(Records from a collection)

══════

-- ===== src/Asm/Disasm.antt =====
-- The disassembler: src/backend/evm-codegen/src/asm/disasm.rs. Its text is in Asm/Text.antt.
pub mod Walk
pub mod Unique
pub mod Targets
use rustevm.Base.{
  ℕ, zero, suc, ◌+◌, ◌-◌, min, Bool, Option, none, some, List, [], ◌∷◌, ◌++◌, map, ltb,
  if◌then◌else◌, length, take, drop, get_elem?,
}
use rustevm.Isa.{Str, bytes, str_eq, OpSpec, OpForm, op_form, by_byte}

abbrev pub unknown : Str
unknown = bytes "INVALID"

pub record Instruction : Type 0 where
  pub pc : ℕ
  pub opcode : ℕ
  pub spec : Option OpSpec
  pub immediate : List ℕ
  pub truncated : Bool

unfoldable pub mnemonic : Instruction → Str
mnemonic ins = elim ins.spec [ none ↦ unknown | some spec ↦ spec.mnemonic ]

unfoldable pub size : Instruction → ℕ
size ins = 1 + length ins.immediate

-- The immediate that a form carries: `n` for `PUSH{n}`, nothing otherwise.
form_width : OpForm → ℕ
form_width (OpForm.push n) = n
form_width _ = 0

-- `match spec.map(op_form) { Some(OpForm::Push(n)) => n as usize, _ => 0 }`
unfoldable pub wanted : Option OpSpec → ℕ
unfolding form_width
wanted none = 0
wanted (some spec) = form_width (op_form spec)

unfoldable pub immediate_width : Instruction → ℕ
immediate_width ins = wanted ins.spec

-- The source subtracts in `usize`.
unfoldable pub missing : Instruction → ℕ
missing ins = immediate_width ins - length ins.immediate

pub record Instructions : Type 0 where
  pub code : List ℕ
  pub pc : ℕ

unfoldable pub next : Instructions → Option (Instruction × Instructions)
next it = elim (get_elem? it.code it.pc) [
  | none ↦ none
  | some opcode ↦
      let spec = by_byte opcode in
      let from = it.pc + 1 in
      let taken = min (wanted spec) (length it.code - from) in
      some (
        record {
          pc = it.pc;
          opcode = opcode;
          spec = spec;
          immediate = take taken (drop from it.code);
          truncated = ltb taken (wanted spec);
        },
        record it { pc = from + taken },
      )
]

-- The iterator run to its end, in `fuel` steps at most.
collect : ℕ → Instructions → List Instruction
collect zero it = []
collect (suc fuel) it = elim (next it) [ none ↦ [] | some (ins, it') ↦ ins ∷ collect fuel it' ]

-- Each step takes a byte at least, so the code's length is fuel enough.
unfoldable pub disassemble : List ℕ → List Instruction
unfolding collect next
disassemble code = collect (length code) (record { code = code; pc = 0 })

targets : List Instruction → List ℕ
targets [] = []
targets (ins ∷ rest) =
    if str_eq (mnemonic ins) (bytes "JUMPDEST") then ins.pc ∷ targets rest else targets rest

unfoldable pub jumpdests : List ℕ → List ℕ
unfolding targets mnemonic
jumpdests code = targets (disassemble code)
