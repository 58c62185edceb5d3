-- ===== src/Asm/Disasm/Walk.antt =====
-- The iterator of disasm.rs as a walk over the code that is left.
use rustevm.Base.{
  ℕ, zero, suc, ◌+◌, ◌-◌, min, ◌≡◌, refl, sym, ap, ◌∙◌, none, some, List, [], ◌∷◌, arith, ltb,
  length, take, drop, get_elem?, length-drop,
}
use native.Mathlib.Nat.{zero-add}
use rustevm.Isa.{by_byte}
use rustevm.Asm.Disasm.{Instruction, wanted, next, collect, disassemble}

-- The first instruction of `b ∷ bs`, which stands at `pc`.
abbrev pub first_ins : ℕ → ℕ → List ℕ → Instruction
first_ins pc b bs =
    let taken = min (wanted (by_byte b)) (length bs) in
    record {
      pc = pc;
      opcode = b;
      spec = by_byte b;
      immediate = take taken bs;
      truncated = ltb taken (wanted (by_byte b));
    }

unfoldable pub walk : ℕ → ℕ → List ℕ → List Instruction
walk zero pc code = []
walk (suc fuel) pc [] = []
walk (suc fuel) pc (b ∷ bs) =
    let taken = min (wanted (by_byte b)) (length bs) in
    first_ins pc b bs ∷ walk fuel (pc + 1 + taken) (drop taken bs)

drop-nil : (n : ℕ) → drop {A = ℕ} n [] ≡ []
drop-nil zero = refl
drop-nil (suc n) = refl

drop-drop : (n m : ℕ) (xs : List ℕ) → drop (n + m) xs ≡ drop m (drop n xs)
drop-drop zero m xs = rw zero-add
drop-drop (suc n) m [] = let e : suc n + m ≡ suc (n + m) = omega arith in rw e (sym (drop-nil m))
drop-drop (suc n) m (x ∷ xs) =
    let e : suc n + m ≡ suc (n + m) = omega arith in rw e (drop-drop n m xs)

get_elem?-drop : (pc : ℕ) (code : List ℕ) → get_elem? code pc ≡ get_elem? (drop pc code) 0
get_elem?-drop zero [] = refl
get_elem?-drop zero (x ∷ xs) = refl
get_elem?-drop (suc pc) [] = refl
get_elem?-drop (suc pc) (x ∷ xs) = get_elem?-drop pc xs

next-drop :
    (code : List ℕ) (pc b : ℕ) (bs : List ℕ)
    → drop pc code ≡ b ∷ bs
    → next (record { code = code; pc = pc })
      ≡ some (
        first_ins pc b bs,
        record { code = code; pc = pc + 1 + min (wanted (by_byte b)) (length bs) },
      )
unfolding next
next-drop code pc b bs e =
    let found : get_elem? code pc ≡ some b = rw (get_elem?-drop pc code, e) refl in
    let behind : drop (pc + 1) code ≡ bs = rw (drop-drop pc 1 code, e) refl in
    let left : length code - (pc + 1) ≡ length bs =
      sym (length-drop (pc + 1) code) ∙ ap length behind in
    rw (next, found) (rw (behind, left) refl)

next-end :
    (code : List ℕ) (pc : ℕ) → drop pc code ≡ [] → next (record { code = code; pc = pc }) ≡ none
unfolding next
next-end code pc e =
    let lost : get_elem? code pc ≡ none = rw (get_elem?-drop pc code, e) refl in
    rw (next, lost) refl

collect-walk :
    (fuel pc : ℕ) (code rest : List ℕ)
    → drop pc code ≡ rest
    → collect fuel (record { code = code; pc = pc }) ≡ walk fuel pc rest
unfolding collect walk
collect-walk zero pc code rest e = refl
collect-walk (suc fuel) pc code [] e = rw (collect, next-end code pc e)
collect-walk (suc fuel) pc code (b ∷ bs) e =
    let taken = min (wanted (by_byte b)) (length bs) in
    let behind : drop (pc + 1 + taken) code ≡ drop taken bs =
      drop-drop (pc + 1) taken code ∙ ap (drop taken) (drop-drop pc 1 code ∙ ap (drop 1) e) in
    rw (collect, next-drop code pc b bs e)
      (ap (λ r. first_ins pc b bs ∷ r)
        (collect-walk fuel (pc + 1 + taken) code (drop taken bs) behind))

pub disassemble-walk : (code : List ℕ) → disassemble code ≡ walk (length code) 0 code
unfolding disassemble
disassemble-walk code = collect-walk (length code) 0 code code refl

══════

## Problem to work on
Search the records for the word "OpSpec". Copy each line where it appears.

## Result below
use rustevm.Isa.{Str, bytes, str_eq, OpSpec, OpForm, op_form, by_byte}
  pub spec : Option OpSpec
unfoldable pub wanted : Option OpSpec → ℕ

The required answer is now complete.